**AVAILABLE DATA**
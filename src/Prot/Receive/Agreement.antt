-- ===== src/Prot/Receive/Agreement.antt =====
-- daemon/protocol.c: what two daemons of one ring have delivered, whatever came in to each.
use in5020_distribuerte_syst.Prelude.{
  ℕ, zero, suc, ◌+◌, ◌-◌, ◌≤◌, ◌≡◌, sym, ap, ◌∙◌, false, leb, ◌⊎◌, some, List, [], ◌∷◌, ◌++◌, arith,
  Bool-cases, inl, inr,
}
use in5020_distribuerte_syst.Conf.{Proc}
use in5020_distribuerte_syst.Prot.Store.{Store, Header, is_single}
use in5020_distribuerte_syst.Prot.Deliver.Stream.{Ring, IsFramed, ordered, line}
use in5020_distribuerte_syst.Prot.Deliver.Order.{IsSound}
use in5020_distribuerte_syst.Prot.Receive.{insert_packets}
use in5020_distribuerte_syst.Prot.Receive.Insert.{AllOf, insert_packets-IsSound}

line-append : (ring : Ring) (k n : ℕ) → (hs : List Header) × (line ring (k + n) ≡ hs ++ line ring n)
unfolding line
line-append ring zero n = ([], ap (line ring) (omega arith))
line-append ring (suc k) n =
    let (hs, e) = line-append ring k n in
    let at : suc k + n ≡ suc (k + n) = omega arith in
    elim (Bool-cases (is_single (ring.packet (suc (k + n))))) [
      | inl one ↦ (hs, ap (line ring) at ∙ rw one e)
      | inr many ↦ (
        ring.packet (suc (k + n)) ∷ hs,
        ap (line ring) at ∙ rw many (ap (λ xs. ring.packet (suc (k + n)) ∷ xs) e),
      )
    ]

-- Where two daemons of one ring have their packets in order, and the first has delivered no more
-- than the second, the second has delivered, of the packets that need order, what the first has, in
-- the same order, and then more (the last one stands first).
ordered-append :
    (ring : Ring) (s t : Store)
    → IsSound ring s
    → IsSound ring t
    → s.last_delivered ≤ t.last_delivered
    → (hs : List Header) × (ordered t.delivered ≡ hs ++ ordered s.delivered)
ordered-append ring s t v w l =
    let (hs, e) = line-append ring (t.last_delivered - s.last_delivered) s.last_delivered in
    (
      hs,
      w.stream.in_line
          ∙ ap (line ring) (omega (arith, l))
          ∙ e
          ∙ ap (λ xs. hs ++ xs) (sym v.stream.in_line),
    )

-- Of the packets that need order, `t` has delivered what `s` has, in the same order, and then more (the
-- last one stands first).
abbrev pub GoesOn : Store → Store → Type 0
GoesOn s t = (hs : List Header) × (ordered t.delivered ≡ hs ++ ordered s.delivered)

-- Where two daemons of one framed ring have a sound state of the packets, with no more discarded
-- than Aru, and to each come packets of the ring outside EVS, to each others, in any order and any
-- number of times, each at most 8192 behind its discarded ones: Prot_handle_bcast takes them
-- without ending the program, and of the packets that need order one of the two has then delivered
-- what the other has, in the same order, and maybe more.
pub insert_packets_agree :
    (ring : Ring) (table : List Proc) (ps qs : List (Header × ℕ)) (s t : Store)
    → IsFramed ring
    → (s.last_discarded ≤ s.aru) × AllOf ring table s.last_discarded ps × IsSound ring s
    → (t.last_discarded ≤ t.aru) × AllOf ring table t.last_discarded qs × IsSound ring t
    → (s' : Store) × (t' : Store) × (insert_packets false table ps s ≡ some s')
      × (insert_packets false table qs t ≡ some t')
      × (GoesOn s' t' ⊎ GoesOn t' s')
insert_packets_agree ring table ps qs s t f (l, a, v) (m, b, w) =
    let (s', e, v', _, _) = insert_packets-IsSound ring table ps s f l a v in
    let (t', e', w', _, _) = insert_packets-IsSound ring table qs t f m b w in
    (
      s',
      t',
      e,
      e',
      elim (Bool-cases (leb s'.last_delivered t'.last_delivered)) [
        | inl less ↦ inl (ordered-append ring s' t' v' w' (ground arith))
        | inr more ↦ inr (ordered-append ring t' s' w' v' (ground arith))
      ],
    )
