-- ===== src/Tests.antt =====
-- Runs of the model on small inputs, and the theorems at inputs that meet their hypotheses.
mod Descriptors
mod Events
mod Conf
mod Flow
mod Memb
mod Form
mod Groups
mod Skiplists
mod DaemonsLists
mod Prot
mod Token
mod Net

...

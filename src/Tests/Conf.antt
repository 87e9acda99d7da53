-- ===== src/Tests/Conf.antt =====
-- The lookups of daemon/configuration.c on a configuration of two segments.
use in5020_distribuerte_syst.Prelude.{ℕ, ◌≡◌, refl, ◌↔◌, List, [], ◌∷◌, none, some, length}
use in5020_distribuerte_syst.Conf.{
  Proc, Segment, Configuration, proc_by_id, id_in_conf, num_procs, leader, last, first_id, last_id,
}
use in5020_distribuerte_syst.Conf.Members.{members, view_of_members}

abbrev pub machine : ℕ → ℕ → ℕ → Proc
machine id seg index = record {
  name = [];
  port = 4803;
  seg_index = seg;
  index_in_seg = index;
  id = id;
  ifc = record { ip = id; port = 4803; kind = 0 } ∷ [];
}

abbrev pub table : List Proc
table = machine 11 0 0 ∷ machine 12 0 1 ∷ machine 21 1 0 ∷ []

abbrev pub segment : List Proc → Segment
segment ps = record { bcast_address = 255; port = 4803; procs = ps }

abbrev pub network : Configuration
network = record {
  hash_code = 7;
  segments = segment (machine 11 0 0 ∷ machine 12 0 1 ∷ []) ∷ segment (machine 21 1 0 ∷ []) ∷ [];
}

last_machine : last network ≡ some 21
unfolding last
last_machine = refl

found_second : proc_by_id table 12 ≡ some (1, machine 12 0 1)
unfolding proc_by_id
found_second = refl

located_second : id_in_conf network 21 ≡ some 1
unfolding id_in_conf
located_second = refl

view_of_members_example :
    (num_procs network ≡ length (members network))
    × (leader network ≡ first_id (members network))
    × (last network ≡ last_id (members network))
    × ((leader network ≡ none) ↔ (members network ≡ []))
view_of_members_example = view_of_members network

**YOUR OBJECTIVE**
Across the listing, count every line with "than" in it and give the number only.

**TASK SOLUTION**
2